▶ **Problem**: Only a slice of the listing below is wanted. Retype the lines from the one containing "new_memory_repository).1).1.reconciliations" through the one containing "((known : OrphanReconciliationOperation)", exactly, both ends included.

▶ **Entries provided**:

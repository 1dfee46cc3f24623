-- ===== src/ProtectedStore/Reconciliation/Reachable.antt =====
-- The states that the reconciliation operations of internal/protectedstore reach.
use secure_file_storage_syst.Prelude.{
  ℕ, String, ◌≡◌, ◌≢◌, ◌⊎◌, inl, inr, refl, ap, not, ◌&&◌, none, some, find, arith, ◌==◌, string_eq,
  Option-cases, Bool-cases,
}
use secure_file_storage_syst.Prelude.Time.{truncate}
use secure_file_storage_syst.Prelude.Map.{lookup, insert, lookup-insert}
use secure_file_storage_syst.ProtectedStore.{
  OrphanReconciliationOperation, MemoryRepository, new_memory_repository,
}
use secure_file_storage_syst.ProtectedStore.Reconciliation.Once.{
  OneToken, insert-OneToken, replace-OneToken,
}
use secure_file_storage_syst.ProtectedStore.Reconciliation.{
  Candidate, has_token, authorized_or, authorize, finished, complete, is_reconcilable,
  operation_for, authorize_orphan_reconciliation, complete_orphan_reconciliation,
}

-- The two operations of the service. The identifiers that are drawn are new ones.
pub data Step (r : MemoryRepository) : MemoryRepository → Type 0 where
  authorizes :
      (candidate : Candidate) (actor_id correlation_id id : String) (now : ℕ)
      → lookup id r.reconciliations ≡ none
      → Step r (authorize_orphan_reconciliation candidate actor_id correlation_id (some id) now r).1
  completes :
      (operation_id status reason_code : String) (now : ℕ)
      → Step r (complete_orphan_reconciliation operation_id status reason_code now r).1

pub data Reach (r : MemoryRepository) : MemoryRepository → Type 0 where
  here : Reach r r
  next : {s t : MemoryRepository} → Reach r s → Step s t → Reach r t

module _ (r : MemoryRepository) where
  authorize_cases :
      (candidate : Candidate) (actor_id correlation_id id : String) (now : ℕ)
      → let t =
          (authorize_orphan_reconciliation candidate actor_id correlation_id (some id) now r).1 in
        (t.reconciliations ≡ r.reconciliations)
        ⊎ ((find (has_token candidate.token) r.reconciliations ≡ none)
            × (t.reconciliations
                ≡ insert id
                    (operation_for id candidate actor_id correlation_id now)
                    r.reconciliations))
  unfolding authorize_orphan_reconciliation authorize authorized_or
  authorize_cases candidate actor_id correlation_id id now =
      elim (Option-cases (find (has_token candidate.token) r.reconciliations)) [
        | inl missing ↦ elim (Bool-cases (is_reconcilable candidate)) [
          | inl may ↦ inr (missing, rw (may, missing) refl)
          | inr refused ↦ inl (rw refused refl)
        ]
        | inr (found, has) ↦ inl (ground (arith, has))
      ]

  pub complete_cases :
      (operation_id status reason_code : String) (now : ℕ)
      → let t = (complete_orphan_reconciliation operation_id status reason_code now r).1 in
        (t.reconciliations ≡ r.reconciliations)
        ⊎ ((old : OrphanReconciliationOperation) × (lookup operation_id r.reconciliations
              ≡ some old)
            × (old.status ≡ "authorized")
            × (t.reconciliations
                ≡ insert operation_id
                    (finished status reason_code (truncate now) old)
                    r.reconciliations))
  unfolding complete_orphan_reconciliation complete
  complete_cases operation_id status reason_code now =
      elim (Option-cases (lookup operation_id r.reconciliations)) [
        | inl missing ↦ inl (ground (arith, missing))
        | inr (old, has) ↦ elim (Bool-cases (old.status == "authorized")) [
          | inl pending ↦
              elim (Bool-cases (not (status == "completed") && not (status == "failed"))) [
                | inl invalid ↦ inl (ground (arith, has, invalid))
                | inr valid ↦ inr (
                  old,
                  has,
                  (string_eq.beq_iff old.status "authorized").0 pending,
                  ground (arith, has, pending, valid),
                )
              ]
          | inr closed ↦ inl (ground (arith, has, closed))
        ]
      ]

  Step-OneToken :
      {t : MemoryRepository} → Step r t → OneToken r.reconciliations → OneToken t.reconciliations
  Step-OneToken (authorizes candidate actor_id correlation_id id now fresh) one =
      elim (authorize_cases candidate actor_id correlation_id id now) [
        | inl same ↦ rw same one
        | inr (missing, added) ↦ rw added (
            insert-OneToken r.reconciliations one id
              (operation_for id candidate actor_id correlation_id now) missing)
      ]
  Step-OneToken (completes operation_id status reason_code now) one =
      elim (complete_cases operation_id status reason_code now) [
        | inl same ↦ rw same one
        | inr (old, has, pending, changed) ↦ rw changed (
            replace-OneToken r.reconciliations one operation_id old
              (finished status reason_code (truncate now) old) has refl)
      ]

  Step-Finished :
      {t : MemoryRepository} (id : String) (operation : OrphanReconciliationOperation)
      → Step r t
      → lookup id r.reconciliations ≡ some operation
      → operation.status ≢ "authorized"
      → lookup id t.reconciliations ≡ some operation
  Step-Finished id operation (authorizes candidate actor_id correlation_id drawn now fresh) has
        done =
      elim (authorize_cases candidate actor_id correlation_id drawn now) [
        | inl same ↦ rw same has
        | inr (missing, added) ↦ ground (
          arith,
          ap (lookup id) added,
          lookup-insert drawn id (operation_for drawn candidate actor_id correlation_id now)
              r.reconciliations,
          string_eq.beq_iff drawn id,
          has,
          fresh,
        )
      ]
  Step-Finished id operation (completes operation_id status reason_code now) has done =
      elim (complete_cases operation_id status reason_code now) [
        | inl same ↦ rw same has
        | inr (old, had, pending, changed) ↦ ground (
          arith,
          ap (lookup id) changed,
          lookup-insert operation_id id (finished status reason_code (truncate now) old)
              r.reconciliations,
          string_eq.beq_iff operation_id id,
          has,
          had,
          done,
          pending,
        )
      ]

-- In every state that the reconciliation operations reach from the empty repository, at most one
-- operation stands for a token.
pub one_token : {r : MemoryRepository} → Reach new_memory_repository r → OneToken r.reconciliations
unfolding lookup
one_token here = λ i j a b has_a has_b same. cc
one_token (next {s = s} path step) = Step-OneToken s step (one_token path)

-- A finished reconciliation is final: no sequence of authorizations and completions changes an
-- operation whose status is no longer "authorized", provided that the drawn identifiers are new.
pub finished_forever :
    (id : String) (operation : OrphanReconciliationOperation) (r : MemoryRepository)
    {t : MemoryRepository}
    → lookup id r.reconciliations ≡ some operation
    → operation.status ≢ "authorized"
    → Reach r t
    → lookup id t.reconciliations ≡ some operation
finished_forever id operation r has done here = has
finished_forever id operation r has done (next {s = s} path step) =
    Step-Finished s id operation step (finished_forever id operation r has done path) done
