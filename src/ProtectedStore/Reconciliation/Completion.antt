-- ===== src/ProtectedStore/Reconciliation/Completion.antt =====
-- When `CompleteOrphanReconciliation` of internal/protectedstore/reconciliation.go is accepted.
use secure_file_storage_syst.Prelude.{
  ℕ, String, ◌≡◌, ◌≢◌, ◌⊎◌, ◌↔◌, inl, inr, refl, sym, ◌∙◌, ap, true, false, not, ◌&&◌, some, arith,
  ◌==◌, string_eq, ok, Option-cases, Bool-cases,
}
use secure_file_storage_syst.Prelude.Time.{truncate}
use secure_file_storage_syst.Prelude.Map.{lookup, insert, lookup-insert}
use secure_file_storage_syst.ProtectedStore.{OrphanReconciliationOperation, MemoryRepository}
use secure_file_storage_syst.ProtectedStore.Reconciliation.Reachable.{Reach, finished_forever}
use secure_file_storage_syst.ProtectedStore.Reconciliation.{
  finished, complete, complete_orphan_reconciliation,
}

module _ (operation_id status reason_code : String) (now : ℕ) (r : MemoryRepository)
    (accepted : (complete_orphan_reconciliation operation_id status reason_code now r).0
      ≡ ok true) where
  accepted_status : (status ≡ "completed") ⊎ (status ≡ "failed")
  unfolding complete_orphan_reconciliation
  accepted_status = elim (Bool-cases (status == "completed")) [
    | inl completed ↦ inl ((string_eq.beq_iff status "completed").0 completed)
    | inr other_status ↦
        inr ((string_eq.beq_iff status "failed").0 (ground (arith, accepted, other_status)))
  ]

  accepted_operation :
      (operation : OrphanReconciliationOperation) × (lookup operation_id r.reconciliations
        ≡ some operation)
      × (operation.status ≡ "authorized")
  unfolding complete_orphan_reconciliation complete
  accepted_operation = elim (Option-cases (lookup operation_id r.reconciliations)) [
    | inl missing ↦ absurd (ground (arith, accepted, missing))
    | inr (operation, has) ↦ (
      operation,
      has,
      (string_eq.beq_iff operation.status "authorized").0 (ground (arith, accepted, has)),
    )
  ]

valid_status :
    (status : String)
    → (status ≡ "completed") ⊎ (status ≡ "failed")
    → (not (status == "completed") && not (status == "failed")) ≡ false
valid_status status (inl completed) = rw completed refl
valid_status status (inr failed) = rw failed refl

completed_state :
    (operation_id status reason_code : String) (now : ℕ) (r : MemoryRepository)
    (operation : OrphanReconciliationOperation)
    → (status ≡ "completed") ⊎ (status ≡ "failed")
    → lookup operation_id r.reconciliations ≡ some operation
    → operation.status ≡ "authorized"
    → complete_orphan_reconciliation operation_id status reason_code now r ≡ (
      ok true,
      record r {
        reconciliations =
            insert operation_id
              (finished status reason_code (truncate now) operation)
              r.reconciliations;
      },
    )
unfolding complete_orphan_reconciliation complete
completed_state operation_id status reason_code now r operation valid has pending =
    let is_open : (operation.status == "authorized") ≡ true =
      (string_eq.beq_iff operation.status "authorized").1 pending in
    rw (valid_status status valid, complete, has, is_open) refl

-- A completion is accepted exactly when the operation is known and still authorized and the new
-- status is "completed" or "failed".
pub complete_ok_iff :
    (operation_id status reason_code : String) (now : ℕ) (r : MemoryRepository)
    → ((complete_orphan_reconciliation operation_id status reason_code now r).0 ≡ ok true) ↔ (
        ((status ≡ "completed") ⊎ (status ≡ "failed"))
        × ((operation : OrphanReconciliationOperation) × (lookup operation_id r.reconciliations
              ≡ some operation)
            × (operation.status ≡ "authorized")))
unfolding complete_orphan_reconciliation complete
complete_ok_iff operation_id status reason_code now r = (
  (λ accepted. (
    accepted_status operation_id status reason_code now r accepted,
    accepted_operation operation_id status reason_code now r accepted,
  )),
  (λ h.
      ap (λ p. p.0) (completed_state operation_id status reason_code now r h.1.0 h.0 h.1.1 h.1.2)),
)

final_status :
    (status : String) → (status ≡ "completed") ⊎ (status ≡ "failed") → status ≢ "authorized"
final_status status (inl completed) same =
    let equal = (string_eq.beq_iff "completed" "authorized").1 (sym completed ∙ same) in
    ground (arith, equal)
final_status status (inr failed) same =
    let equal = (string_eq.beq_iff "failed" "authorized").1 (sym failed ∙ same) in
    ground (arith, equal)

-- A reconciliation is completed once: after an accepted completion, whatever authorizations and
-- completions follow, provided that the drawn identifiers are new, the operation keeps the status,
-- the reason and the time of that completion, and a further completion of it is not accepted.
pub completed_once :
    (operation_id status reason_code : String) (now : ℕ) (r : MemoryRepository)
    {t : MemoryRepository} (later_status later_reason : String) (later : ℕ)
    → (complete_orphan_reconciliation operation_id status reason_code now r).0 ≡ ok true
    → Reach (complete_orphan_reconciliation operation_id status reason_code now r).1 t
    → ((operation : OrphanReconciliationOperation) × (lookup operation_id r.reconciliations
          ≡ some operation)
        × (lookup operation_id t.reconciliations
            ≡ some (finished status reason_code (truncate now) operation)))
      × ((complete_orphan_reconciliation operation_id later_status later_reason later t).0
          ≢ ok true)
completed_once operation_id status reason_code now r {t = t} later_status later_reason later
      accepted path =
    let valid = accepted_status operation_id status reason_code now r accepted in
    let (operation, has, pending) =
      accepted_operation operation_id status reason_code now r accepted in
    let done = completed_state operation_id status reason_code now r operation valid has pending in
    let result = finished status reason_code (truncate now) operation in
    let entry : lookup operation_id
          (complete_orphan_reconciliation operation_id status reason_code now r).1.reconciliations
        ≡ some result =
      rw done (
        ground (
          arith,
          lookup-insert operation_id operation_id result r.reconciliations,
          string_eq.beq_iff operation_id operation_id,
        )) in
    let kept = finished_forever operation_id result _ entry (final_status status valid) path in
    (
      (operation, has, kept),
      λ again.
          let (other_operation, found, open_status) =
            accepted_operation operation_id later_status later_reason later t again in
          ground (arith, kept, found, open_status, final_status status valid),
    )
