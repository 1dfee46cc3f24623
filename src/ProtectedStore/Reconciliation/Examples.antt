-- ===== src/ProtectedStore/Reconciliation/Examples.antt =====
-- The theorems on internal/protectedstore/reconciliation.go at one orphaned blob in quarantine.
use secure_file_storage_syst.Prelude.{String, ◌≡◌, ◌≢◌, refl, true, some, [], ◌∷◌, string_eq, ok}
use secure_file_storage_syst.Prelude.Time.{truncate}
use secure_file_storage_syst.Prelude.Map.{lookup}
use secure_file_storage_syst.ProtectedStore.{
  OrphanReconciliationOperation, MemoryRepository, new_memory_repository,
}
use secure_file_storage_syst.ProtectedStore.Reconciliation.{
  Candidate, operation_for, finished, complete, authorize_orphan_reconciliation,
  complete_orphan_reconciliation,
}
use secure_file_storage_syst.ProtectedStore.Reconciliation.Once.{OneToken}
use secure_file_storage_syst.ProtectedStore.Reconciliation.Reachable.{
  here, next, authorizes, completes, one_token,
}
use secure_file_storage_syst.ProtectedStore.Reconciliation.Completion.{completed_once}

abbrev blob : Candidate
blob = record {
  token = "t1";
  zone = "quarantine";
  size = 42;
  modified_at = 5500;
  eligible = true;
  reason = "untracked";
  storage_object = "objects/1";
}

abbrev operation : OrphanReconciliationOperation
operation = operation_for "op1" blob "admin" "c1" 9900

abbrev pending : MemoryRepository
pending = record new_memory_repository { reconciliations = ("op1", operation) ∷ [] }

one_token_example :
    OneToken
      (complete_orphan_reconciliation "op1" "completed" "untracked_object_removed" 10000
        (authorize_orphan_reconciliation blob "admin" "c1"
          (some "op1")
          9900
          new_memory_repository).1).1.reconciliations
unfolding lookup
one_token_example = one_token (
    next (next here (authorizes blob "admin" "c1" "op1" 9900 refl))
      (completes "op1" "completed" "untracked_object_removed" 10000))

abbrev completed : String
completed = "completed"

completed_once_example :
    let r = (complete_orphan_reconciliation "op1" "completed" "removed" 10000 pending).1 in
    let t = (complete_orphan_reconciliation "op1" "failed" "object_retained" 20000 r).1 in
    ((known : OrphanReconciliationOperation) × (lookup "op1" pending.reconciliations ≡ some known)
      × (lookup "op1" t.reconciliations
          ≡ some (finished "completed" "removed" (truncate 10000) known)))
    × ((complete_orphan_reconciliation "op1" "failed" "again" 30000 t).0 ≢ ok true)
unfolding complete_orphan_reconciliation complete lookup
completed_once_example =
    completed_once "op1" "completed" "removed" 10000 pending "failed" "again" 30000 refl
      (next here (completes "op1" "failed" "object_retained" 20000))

▶ **Written answer**:
          new_memory_repository).1).1.reconciliations
unfolding lookup
one_token_example = one_token (
    next (next here (authorizes blob "admin" "c1" "op1" 9900 refl))
      (completes "op1" "completed" "untracked_object_removed" 10000))

abbrev completed : String
completed = "completed"

completed_once_example :
    let r = (complete_orphan_reconciliation "op1" "completed" "removed" 10000 pending).1 in
    let t = (complete_orphan_reconciliation "op1" "failed" "object_retained" 20000 r).1 in
    ((known : OrphanReconciliationOperation) × (lookup "op1" pending.reconciliations ≡ some known)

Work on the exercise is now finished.